In time honoured tradition our hosts Victoria Peters and Alan Morrison from Strathclyde gave an update on where they are with Archivematica, respectively from an Archives and Research Data Management perspective.

Victoria ran through some of her workflows and mused about the best place in the workflow to undertake appraisal – before ingest into Archivematica or after? There was quite a bit of debate on this and generally the view was that it was “easier” to do this before ingest but would we still say this if better tools were available for ingest in Archivematica (there is some functionality but it isn’t that easy to work with)? Is this really a development we would like to see? Strathclyde also hope to begin automate more of their workflows – something I sympathise with very much. Meanwhile Alan echoed this desire for automation which could be achieved by the development of integration tools (which may come in the future) especially with regard to metadata capture. Again this was an issue that others returned to during the day.

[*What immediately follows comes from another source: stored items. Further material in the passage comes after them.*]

-- ===== src/Event/Quiet.antt =====
-- The slot of a descriptor that has just been added or modified holds no flags: src/event.c counts
-- on it while a round of its loop is under way.
use nacl_proxy.Base.{
  ℕ, ◌<◌, ◌≡◌, ◌≢◌, ap, inl, inr, Option, none, some, pos, ◌==◌, Bool-cases, arith,
}
use nacl_proxy.Errors.{proxy_success}
use nacl_proxy.Event.{
  Mask, no_flags, has_flags, Manager, max_events, fill, refit, event_add, event_modify,
}
use nacl_proxy.Event.Index.{At}
use nacl_proxy.Event.Invariant.{
  IsValid, IsOpen, get_idx_cases, choose_slot-IsOpen, filled, event_add-IsValid,
  event_modify-IsValid,
}

-- `m'` is what a successful call for the descriptor `n` has made of `m`.
pub data Changed {C D : Type 0} (m : Manager C D) (n : ℕ) (m' : Manager C D) : Type 0 where
  added :
      (events : Mask) (p_data : Option D) (callback : Option C)
      → event_add (pos n) events p_data callback m ≡ (proxy_success, m')
      → Changed m n m'
  modified : (events : Mask) → event_modify (pos n) events m ≡ (proxy_success, m') → Changed m n m'

module _ {C D : Type 0} (m : Manager C D) (v : IsValid m) where
  fill-quiet :
      (i k n : ℕ) (o : IsOpen m i k) (new : (j : ℕ) → ¬ At m (pos n) j) (events : Mask)
      (p_data : Option D) (callback : C) (room : max_events ≢ m.num_events) (j : ℕ)
      → At (filled m v i k n o new events p_data callback room) (pos n) j
      → ((filled m v i k n o new events p_data callback room).pfds j).revents ≡ no_flags
  unfolding fill
  fill-quiet i k n o new events p_data callback room j at = ground (arith, v.quiet i, o.shape, old)
    where
      old : j < m.max_idx → (m.pfds j).fd ≢ pos n
      old h e = new j (record { within = h; here = e })

  event_add-quiet :
      (n j : ℕ) (events : Mask) (p_data : Option D) (callback : Option C)
      → (event_add (pos n) events p_data callback m).0 ≡ proxy_success
      → At (event_add (pos n) events p_data callback m).1 (pos n) j
      → ((event_add (pos n) events p_data callback m).1.pfds j).revents ≡ no_flags
  unfolding event_add
  event_add-quiet n j events p_data none = λ done at. cc
  event_add-quiet n j events p_data (some callback) = elim (Bool-cases (has_flags events)) [
    | inr e ↦ rw e (λ done at. cc)
    | inl e ↦ rw e (elim (get_idx_cases m v n) [
      | inl (i, found, _) ↦ rw found (λ done at. cc)
      | inr (missing, new) ↦ rw missing (elim (Bool-cases (max_events == m.num_events)) [
        | inl full ↦ rw full (λ done at. cc)
        | inr room ↦ rw room λ done at.
            fill-quiet _ _ n (choose_slot-IsOpen m v (ground arith)) new events p_data callback
              (ground arith) j at
      ])
    ])
  ]

  event_modify-quiet :
      (n j : ℕ) (events : Mask)
      → (event_modify (pos n) events m).0 ≡ proxy_success
      → At (event_modify (pos n) events m).1 (pos n) j
      → ((event_modify (pos n) events m).1.pfds j).revents ≡ no_flags
  unfolding event_modify refit
  event_modify-quiet n j events = elim (Bool-cases (has_flags events)) [
    | inr e ↦ rw e (λ done at. cc)
    | inl e ↦ rw e (elim (get_idx_cases m v n) [
      | inr (missing, _) ↦ rw missing (λ done at. cc)
      | inl (i, found, old) ↦
          rw found
            λ done at. ground (arith, v.distinct i j, old.within, old.here, at.within, at.here)
    ])
  ]

  pub Changed-IsValid : {n : ℕ} (m' : Manager C D) → Changed m n m' → IsValid m'
  Changed-IsValid {n} m' (added events p_data callback e) =
      rw (ap (λ r. r.1) e) at (event_add-IsValid m v (pos n) events p_data callback)
  Changed-IsValid {n} m' (modified events e) =
      rw (ap (λ r. r.1) e) at (event_modify-IsValid m v (pos n) events)

  pub Changed-quiet :
      {n : ℕ} (j : ℕ) (m' : Manager C D)
      → Changed m n m'
      → At m' (pos n) j
      → (m'.pfds j).revents ≡ no_flags
  Changed-quiet {n} j m' (added events p_data callback e) =
      rw (ap (λ r. r.1) e) at (event_add-quiet n j events p_data callback (ap (λ r. r.0) e))
  Changed-quiet {n} j m' (modified events e) =
      rw (ap (λ r. r.1) e) at (event_modify-quiet n j events (ap (λ r. r.0) e))
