-- ===== src/Event/Loop/Keeps.antt =====
-- What the event loop of src/event.c keeps: a property of the whole state that callbacks keep for
-- the registrations of the table, and that `poll` keeps.
use nacl_proxy.Base.{
  ℕ, zero, suc, ◌+◌, ◌≤◌, ◌<◌, ◌≡◌, ◌≢◌, refl, sym, ◌∙◌, inl, inr, true, false, ◌⊎◌, Option, some,
  ℤ, pos, int_eq, ℤ-cases, ltb, ◌==◌, Bool-cases, Option-cases, arith,
}
use nacl_proxy.Errors.{proxy_success}
use nacl_proxy.Event.{Mask, has_flags, Manager, max_events, get_event_from_fd, get_idx_from_fd}
use nacl_proxy.Event.Index.{At}
use nacl_proxy.Event.Invariant.{IsValid, get_idx_cases}
use nacl_proxy.Event.Lookup.{lookup, lookup-At}
use nacl_proxy.Event.Loop.{
  Host, Polled, failed, ready, Outcome, returned, out_of_fuel, store_revents, fire, handle_found,
  handle_event, dispatch, round, event_run_loop,
}

-- In a valid table `get_event_from_fd` finds the event of a slot in use.
module _ {C D : Type 0} (m : Manager C D) (v : IsValid m) where
  pub get_event-At : (n i : ℕ) → At m (pos n) i → get_event_from_fd (pos n) m ≡ some (m.events i)
  unfolding get_event_from_fd
  get_event-At n i at = elim (get_idx_cases m v n) [
    | inl (j, e, at') ↦
        let same : j ≡ i =
          ground (arith, v.distinct j i, at.within, at.here, at'.within, at'.here) in
        rw (e, same)
    | inr (e, new) ↦ absurd (new i at)
  ]

-- A property of the state with a valid table, that callbacks keep when they are called for what the
-- table registers, with flags that are set.
pub record CallLaws {C D S : Type 0} (host : Host C D S) (P : S → Type 0) : Type 0 where
  pub valid : (s : S) → P s → IsValid (host.table s)
  pub calls :
      (s : S) (n : ℕ) (events revents : Mask) (callback : C) (p_data : Option D)
      → P s
      → has_flags revents ≡ true
      → lookup (host.table s) (pos n) ≡ some (events, some callback, p_data)
      → P (host.call callback (pos n) revents p_data s).1

pub record PollLaws {C D S : Type 0} (host : Host C D S) (P : S → Type 0) : Type 0 where
  pub fails : (s : S) → P s → P (host.poll s).1
  pub polls :
      (s : S) (n : ℕ) (masks : ℕ → Mask)
      → P s
      → (host.poll s).0 ≡ ready n masks
      → P (host.put_table (store_revents masks (host.table (host.poll s).1)) (host.poll s).1)

-- a round that has ended with a code
abbrev pub Returns : {S : Type 0} → (S → Type 0) → Option (Outcome S) → Type 0
Returns {S} P o = (code : ℤ) × (s' : S) × (o ≡ some (returned code s')) × P s'

-- the loop has returned, with success only if the flag is not 1, or has run for all its polls
abbrev pub Runs : {C D S : Type 0} → Host C D S → (S → Type 0) → Option (Outcome S) → Type 0
Runs {C} {D} {S} host P o =
    ((code : ℤ) × (s' : S) × (o ≡ some (returned code s'))
      × P s'
      × (code ≡ proxy_success → host.run_flag s' ≢ pos 1))
    ⊎ ((s' : S) × (o ≡ some (out_of_fuel s')) × P s')

module _ {C D S : Type 0} (host : Host C D S) (P : S → Type 0) (laws : CallLaws host P) where
  open host use {table, call}

  abbrev Handled : Option (ℤ × S) → Type 0
  Handled o = (code : ℤ) × (s' : S) × (o ≡ some (code, s')) × P s'

  handle_used :
      (idx n : ℕ) (s : S)
      → P s
      → At (table s) (pos n) idx
      → Handled
          (handle_found host (get_event_from_fd (pos n) (table s)) ((table s).pfds idx).revents s)
  unfolding handle_found fire
  handle_used idx n s p at =
      let v : IsValid (table s) = laws.valid s p in
      rw (get_event-At (table s) v n idx at)
        (elim (Bool-cases (has_flags ((table s).pfds idx).revents)) [
          | inr e ↦ rw e (_, _, refl, p)
          | inl e ↦ elim (Option-cases ((table s).events idx).callback) [
            | inl null ↦
                absurd (v.handled idx at.within (λ free. ground (arith, at.here, free)) null)
            | inr (c, cb) ↦
                let same : ((table s).events idx).fd ≡ pos n =
                  sym (v.paired idx at.within) ∙ at.here in
                let registered : lookup (table s) (pos n)
                    ≡ some (((table s).pfds idx).events, some c, ((table s).events idx).user_data) =
                  rw cb at (lookup-At (table s) v n idx at) in
                rw (e, cb, same) (_, _, refl, laws.calls s n _ _ c _ p e registered)
          ]
        ])

  handle_event-Handled :
      (idx : ℕ) (s : S) → P s → idx < (table s).max_idx → Handled (handle_event host idx s)
  unfolding handle_event handle_found get_event_from_fd get_idx_from_fd
  handle_event-Handled idx s p h = elim (ℤ-cases ((table s).pfds idx).fd) [
    | inl (n, used) ↦ rw used (handle_used idx n s p (record { within = h; here = used }))
    | inr (zero, free) ↦ rw free (_, _, refl, p)
    | inr (suc n, none_there) ↦
        let no_free : (0 == suc n) ≡ false = ground arith in
        rw (none_there, no_free) (_, _, refl, p)
  ]

  -- `max_events + 1` rounds of the inner loop are enough, whatever the callbacks register.
  pub dispatch-Returns :
      (fuel idx : ℕ) (s : S)
      → P s
      → idx ≤ max_events
      → max_events < fuel + idx
      → Returns P (dispatch host fuel idx s)
  unfolding dispatch
  dispatch-Returns zero idx s p b h = absurd (omega arith)
  dispatch-Returns (suc fuel) idx s p b h = elim (Bool-cases (ltb idx (table s).max_idx)) [
    | inr done ↦ rw (done, dispatch) (_, _, refl, p)
    | inl more ↦
        let v : IsValid (table s) = laws.valid s p in
        let (err, s', e, p') = handle_event-Handled idx s p (ground arith) in
        elim (Bool-cases (int_eq proxy_success err)) [
          | inl zero_err ↦
              rw (more, dispatch, e, zero_err)
                (dispatch-Returns fuel (idx + 1) s' p' (ground (arith, v.bound)) (omega arith))
          | inr bad ↦ rw (more, dispatch, e, bad) (_, _, refl, p')
        ]
  ]

module _ {C D S : Type 0} (host : Host C D S) (P : S → Type 0) (laws : CallLaws host P)
    (poll_laws : PollLaws host P) where
  open host use {table, put_table, poll, run_flag}

  round-Returns :
      (n : ℕ) (masks : ℕ → Mask) (s : S)
      → P (put_table (store_revents masks (table s)) s)
      → Returns P (round host n masks s)
  unfolding round
  round-Returns n masks s p = elim (Bool-cases (ltb 0 n)) [
    | inl some_ready ↦
        rw some_ready
          (dispatch-Returns host P laws (max_events + 1) 0 _ p (omega arith) (omega arith))
    | inr idle ↦ rw idle (_, _, refl, p)
  ]

  -- one turn of the loop, given what the later turns do
  turn-Runs :
      (fuel : ℕ) (s : S) (r : Polled)
      → int_eq (pos 1) (run_flag s) ≡ true
      → ((s' : S) → P s' → Runs host P (event_run_loop host fuel s'))
      → P s
      → (poll s).0 ≡ r
      → Runs host P (event_run_loop host (suc fuel) s)
  unfolding event_run_loop
  turn-Runs fuel s (failed errno) go later p e =
      rw (go, event_run_loop, e) (inl (_, _, refl, poll_laws.fails s p, λ c f. ground arith))
  turn-Runs fuel s (ready n masks) go later p e =
      let (code, s', ran, p') = round-Returns n masks (poll s).1 (poll_laws.polls s n masks p e) in
      elim (Bool-cases (int_eq proxy_success code)) [
        | inl fine ↦ rw (go, event_run_loop, e, ran, fine) (later s' p')
        | inr bad ↦
            rw (go, event_run_loop, e, ran, bad) (inl (_, _, refl, p', λ c f. ground (arith, bad)))
      ]

  pub event_run_loop-Runs : (fuel : ℕ) (s : S) → P s → Runs host P (event_run_loop host fuel s)
  unfolding event_run_loop
  event_run_loop-Runs zero s p = inr (_, refl, p)
  event_run_loop-Runs (suc fuel) s p = elim (Bool-cases (int_eq (pos 1) (run_flag s))) [
    | inr stop ↦ rw (stop, event_run_loop) (inl (_, _, refl, p, λ e f. ground (arith, stop)))
    | inl go ↦ turn-Runs fuel s (poll s).0 go (event_run_loop-Runs fuel) p refl
  ]
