-- ===== src/Event/Loop/Dispatch.antt =====
-- What a round of the event loop of src/event.c does.
use nacl_proxy.Base.{
  ℕ, zero, suc, ◌+◌, ◌≤◌, ◌<◌, ◌≡◌, refl, ◌⊎◌, inl, inr, false, ◌==◌, Option, some, ℤ, pos, negsuc,
  minus_one, ℤ-cases, Option-cases, if◌then◌else◌, arith,
}
use nacl_proxy.Errors.{proxy_success, proxy_err}
use nacl_proxy.Event.{
  Mask, no_flags, has_flags, Manager, max_events, get_event_from_fd, get_idx_from_fd,
}
use nacl_proxy.Event.Index.{At}
use nacl_proxy.Event.Invariant.{IsValid}
use nacl_proxy.Event.Quiet.{Changed, Changed-IsValid, Changed-quiet}
use nacl_proxy.Event.Loop.Keeps.{get_event-At, CallLaws, Returns, dispatch-Returns}
use nacl_proxy.Event.Loop.{Host, Outcome, fire, handle_found, handle_event, dispatch}

module _ {C D S : Type 0} (host : Host C D S) where
  open host use {table, call}

  -- What `handle_event` does for a slot.
  abbrev pub Handles : ℕ → S → Type 0
  Handles idx s =
      (((table s).pfds idx).fd ≡ minus_one) × (handle_event host idx s ≡ some (proxy_success, s))
      ⊎ ((n : ℕ) × (callback : C) × (((table s).pfds idx).fd ≡ pos n)
          × (((table s).events idx).callback ≡ some callback)
          × (handle_event host idx s
              ≡ some (
                  if has_flags ((table s).pfds idx).revents
                  then call callback (pos n) ((table s).pfds idx).revents
                      ((table s).events idx).user_data s
                  else (proxy_success, s))))
      ⊎ ((n : ℕ) × (((table s).pfds idx).fd ≡ negsuc (suc n))
          × (handle_event host idx s ≡ some (proxy_err, s)))

  used_slot :
      (idx : ℕ) (s : S) (n : ℕ) (callback : C)
      → IsValid (table s)
      → idx < (table s).max_idx
      → ((table s).pfds idx).fd ≡ pos n
      → ((table s).events idx).callback ≡ some callback
      → handle_event host idx s
        ≡ some (
            if has_flags ((table s).pfds idx).revents
            then call callback
                (pos n)
                ((table s).pfds idx).revents
                ((table s).events idx).user_data
                s
            else (proxy_success, s))
  unfolding handle_event handle_found fire
  used_slot idx s n callback v h used cb =
      rw
        (
          used,
          get_event-At (table s) v n idx (record { within = h; here = used }),
          cb,
          ← v.paired idx h,
          used,
        )
        (ground arith)

  free_slot :
      (idx : ℕ) (s : S)
      → ((table s).pfds idx).fd ≡ minus_one
      → handle_event host idx s ≡ some (proxy_success, s)
  unfolding handle_event
  free_slot idx s free = rw free refl

  bad_slot :
      (idx n : ℕ) (s : S)
      → ((table s).pfds idx).fd ≡ negsuc (suc n)
      → handle_event host idx s ≡ some (proxy_err, s)
  unfolding handle_event handle_found get_event_from_fd get_idx_from_fd
  bad_slot idx n s bad = let no_free : (0 == suc n) ≡ false = ground arith in rw (bad, no_free) refl

  -- In a valid table, for each of its slots: `handle_event` passes over a free slot and returns
  -- PROXY_SUCCESS. A slot in use has a callback, and `handle_event` runs it, with the slot's descriptor,
  -- flags and argument, if flags are set, and returns PROXY_SUCCESS if not. For a slot with a negative
  -- descriptor other than -1 it returns PROXY_ERR.
  pub handle_event_lem :
      (idx : ℕ) (s : S) → IsValid (table s) → idx < (table s).max_idx → Handles idx s
  handle_event_lem idx s v h = elim (ℤ-cases ((table s).pfds idx).fd) [
    | inr (zero, free) ↦ inl (free, free_slot idx s free)
    | inr (suc n, bad) ↦ inr (inr (n, bad, bad_slot idx n s bad))
    | inl (n, used) ↦ elim (Option-cases ((table s).events idx).callback) [
      | inl null ↦ absurd (v.handled idx h (λ free. ground (arith, used, free)) null)
      | inr (callback, cb) ↦
          inr (inl (n, callback, used, cb, used_slot idx s n callback v h used cb))
    ]
  ]

-- Callbacks keep the table valid: they change it by the operations of src/event.c alone.
abbrev pub Keeps : {C D S : Type 0} → Host C D S → Type 0
Keeps {C} {D} {S} host =
    (c : C) (efd : ℤ) (r : Mask) (d : Option D) (s : S)
    → IsValid (host.table s)
    → IsValid (host.table (host.call c efd r d s).1)

-- a round that has ended with a valid table
abbrev pub Ended : {C D S : Type 0} → Host C D S → Option (Outcome S) → Type 0
Ended {C} {D} {S} host = Returns (λ s. IsValid (host.table s))

pub table_laws :
    {C D S : Type 0} (host : Host C D S) → Keeps host → CallLaws host (λ s. IsValid (host.table s))
table_laws host keeps = record {
  valid = λ s v. v;
  calls = λ s n events revents c d v flags found. keeps c (pos n) revents d s v;
}

module _ {C D S : Type 0} (host : Host C D S) (keeps : Keeps host) where
  open host use {table}

  -- In a valid table, with callbacks that keep it valid, the inner loop ends with a code and a valid
  -- table, having called no NULL callback: `max_events + 1` rounds from the first slot are enough,
  -- whatever the callbacks register or remove.
  pub dispatch-Ended :
      (fuel idx : ℕ) (s : S)
      → IsValid (table s)
      → idx ≤ max_events
      → max_events < fuel + idx
      → Ended host (dispatch host fuel idx s)
  dispatch-Ended = dispatch-Returns host (λ s. IsValid (table s)) (table_laws host keeps)

module _ {C D S : Type 0} (host : Host C D S) where
  open host use {table}

  quiet_is_skipped :
      (idx n : ℕ) (s : S)
      → IsValid (table s)
      → At (table s) (pos n) idx
      → ((table s).pfds idx).revents ≡ no_flags
      → handle_event host idx s ≡ some (proxy_success, s)
  unfolding handle_event handle_found
  quiet_is_skipped idx n s v at q = rw (at.here, get_event-At (table s) v n idx at, q)

  -- If a successful `event_add` or `event_modify` for a descriptor has made the table what it is, from a
  -- valid table, then `handle_event` passes over the descriptor's slot and returns PROXY_SUCCESS.
  pub Changed-skipped :
      (idx n : ℕ) (m : Manager C D) (s : S)
      → IsValid m
      → Changed m n (table s)
      → At (table s) (pos n) idx
      → handle_event host idx s ≡ some (proxy_success, s)
  Changed-skipped idx n m s v change at =
      quiet_is_skipped idx n s (Changed-IsValid m v (table s) change) at
        (Changed-quiet m v idx (table s) change at)
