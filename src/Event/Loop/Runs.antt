-- ===== src/Event/Loop/Runs.antt =====
-- `event_run_loop` of src/event.c over any number of polls.
use nacl_proxy.Base.{ℕ, ◌≡◌, sym, ◌∙◌, ℤ, negsuc, Option, pos, arith}
use nacl_proxy.Event.{Mask, no_flags, Manager}
use nacl_proxy.Event.Index.{IsFree}
use nacl_proxy.Event.Count.{live-congr}
use nacl_proxy.Event.Invariant.{IsValid}
use nacl_proxy.Event.Lookup.{lookup, lookup_negsuc, lookup_transfer}
use nacl_proxy.Event.Loop.{Host, ready, Outcome, store_revents, event_run_loop}
use nacl_proxy.Event.Loop.Keeps.{PollLaws, Runs, event_run_loop-Runs}
use nacl_proxy.Event.Loop.Dispatch.{Keeps, table_laws}

-- What the loop needs of the rest of the program, and what POSIX says of `poll`: it sets no flags for
-- a negative descriptor, and leaves the table to its caller.
pub record HostLaws {C D S : Type 0} (host : Host C D S) : Type 0 where
  pub keeps : Keeps host
  pub put_lem : (m : Manager C D) (s : S) → host.table (host.put_table m s) ≡ m
  pub poll_table : (s : S) → host.table (host.poll s).1 ≡ host.table s
  pub poll_quiet :
      (s : S) (n : ℕ) (masks : ℕ → Mask)
      → (host.poll s).0 ≡ ready n masks
      → (i : ℕ) → IsFree ((host.table s).pfds i)
      → masks i ≡ no_flags

pub store_revents-IsValid :
    {C D : Type 0} (m : Manager C D) (masks : ℕ → Mask)
    → IsValid m
    → ((i : ℕ) → IsFree (m.pfds i) → masks i ≡ no_flags)
    → IsValid (store_revents masks m)
unfolding store_revents
store_revents-IsValid m masks v q = record {
  bound = v.bound;
  count = rw (live-congr (store_revents masks m).pfds m.pfds m.max_idx (λ i. ground arith)) v.count;
  paired = λ i h. ground (arith, v.paired i);
  distinct = λ i j h k e u. ground (arith, v.distinct i j);
  handled = λ i h u. ground (arith, v.handled i);
  vacant = λ i h u. ground (arith, v.vacant i);
  quiet = λ i u. ground (arith, v.quiet i, q i);
}

-- The flags that `poll` stores are no part of a registration.
pub lookup-store_revents :
    {C D : Type 0} (m : Manager C D) (masks : ℕ → Mask) (x : ℤ)
    → IsValid m
    → IsValid (store_revents masks m)
    → lookup (store_revents masks m) x ≡ lookup m x
unfolding store_revents
lookup-store_revents m masks (negsuc n) v v' =
    lookup_negsuc (store_revents masks m) n ∙ sym (lookup_negsuc m n)
lookup-store_revents m masks (pos n) v v' =
    lookup_transfer m (store_revents masks m) v v' n
      (λ i at. (record { within = at.within; here = ground (arith, at.here) }, ground arith))
      (λ i at. record { within = at.within; here = ground (arith, at.here) })

-- A loop's outcome with a valid table.
abbrev pub Sound : {C D S : Type 0} → Host C D S → Option (Outcome S) → Type 0
Sound {C} {D} {S} host = Runs host (λ s. IsValid (host.table s))

module _ {C D S : Type 0} (host : Host C D S) (laws : HostLaws host) where
  open host use {table}

  IsValid-polls : PollLaws host (λ s. IsValid (table s))
  IsValid-polls = record {
    fails = λ s v. rw laws.poll_table v;
    polls = λ s n masks v e.
        rw (laws.put_lem, laws.poll_table)
          (store_revents-IsValid (table s) masks v (laws.poll_quiet s n masks e));
  }

  -- From a valid table, with callbacks that keep it valid and a `poll` that sets no flags for free
  -- slots, the loop calls no NULL callback and keeps the table valid over any number of polls; it
  -- returns PROXY_SUCCESS only when the run flag is not 1.
  pub event_run_loop-Sound :
      (fuel : ℕ) (s : S) → IsValid (table s) → Sound host (event_run_loop host fuel s)
  event_run_loop-Sound =
      event_run_loop-Runs host (λ s. IsValid (table s)) (table_laws host laws.keeps) IsValid-polls
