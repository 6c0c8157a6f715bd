-- ===== src/Event/Loop/Teardown.antt =====
-- What `event_teardown` of src/event.c closes, and what it leaves.
use nacl_proxy.Base.{
  ℕ, zero, suc, ◌+◌, ◌≤◌, ◌<◌, ◌≡◌, refl, inl, inr, Option, none, some, ℤ, ◌∙◌, minus_one,
  is_nonneg, if◌then◌else◌, ◌==◌, Bool-cases, arith,
}
use nacl_proxy.Event.{Event, Manager}
use nacl_proxy.Event.Index.{IsFree}
use nacl_proxy.Event.Loop.{teardown_slot, teardown_from, event_teardown}

module _ {C D S : Type 0} (close : ℤ → S → S) (free : Option D → S → S) where
  -- What a teardown does to the rest of the state: for `n` slots from `idx`, in order, the
  -- descriptor is closed if the slot is in use, then its user data is freed.
  unfoldable pub clear_from : ℕ → (ℕ → Event C D) → ℕ → S → S
  clear_from zero events idx s = s
  clear_from (suc n) events idx s = clear_from n events (idx + 1) (
      free (events idx).user_data
        (if is_nonneg (events idx).fd then close (events idx).fd s else s))

  clear_from-congr :
      (n : ℕ) (f g : ℕ → Event C D) (idx : ℕ) (s : S)
      → ((i : ℕ) → idx ≤ i → f i ≡ g i)
      → clear_from n f idx s ≡ clear_from n g idx s
  unfolding clear_from
  clear_from-congr zero f g idx s h = refl
  clear_from-congr (suc n) f g idx s h =
      rw (h idx (omega arith)) (clear_from-congr n f g (idx + 1) _ (λ i lo. h i (omega arith)))

  teardown_from-state :
      (n idx : ℕ) (m : Manager C D) (s : S)
      → (teardown_from close n (some free) idx (m, s)).1 ≡ clear_from n m.events idx s
  unfolding teardown_from teardown_slot clear_from
  teardown_from-state zero idx m s = refl
  teardown_from-state (suc n) idx m s =
      teardown_from-state n (idx + 1) _ _
      ∙ clear_from-congr n _ m.events (idx + 1) _ (λ i lo. ground arith)

-- a slot after the teardown
abbrev pub IsClear : {C D : Type 0} → Manager C D → ℕ → Type 0
IsClear m i = IsFree (m.pfds i) × ((m.events i).fd ≡ minus_one) × ((m.events i).user_data ≡ none)

module _ {C D S : Type 0} (close : ℤ → S → S) (free : Option (Option D → S → S)) where
  teardown_from-counts :
      (n idx : ℕ) (m : Manager C D) (s : S)
      → ((teardown_from close n free idx (m, s)).0.max_idx ≡ m.max_idx)
        × ((teardown_from close n free idx (m, s)).0.num_events ≡ m.num_events)
  unfolding teardown_from teardown_slot
  teardown_from-counts zero idx m s = (refl, refl)
  teardown_from-counts (suc n) idx m s = teardown_from-counts n (idx + 1) _ _

  teardown_from-before :
      (n idx i : ℕ) (m : Manager C D) (s : S)
      → i < idx
      → IsClear m i
      → IsClear (teardown_from close n free idx (m, s)).0 i
  unfolding teardown_from teardown_slot
  teardown_from-before zero idx i m s h c = c
  teardown_from-before (suc n) idx i m s h c =
      teardown_from-before n (idx + 1) i _ _ (omega arith) (ground arith)

  teardown_from-IsClear :
      (n idx i : ℕ) (m : Manager C D) (s : S)
      → idx ≤ i
      → i < idx + n
      → IsClear (teardown_from close n free idx (m, s)).0 i
  unfolding teardown_from teardown_slot
  teardown_from-IsClear zero idx i m s lo hi = absurd (omega arith)
  teardown_from-IsClear (suc n) idx i m s lo hi = elim (Bool-cases (idx == i)) [
    | inl e ↦ teardown_from-before n (idx + 1) i _ _ (ground arith) (ground arith)
    | inr e ↦ teardown_from-IsClear n (idx + 1) i _ _ (ground arith) (omega arith)
  ]

  -- After `event_teardown` every slot below `max_idx` is free, and `max_idx` and `num_events` are as
  -- they were.
  pub event_teardown-IsClear :
      (m : Manager C D) (s : S)
      → ((i : ℕ) → i < m.max_idx → IsClear (event_teardown close free m s).0 i)
        × ((event_teardown close free m s).0.max_idx ≡ m.max_idx)
        × ((event_teardown close free m s).0.num_events ≡ m.num_events)
  unfolding event_teardown
  event_teardown-IsClear m s = (
    λ i h. teardown_from-IsClear m.max_idx 0 i m s (omega arith) (omega arith),
    (teardown_from-counts m.max_idx 0 m s).0,
    (teardown_from-counts m.max_idx 0 m s).1,
  )

-- `event_teardown` with a function that frees user data closes the descriptor of each slot in use
-- once, in slot order, and frees the user data of each slot after that.
pub event_teardown-state :
    {C D S : Type 0} (close : ℤ → S → S) (free : Option D → S → S) (m : Manager C D) (s : S)
    → (event_teardown close (some free) m s).1 ≡ clear_from close free m.max_idx m.events 0 s
unfolding event_teardown
event_teardown-state close free m s = teardown_from-state close free m.max_idx 0 m s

Next up was Anna McNally from the University of Westminster who bravely (in my view) tackled the question of PREMIS rights. PREMIS rights – for those of you who can start to feel a bit seasick at the extreme metadata end of preservation are clearly explained in this excellent blog from our friends at Bentley Historical Library. Archivematica helps you enormously by automatically capturing most of the metadata required by PREMIS however you do have to create your own rights statements if you want to include it in the SIP. We had an interesting discussion around whether or not it was necessary to include a rights statement with the digital object and if you do what happens when the rights either are not clear or change? But if you decide not to include them are you creating problems for yourself further down the line? I’m definitely going to be doing some work around this as I move onto material where the rights are not as straightforward as they are for our corporate records.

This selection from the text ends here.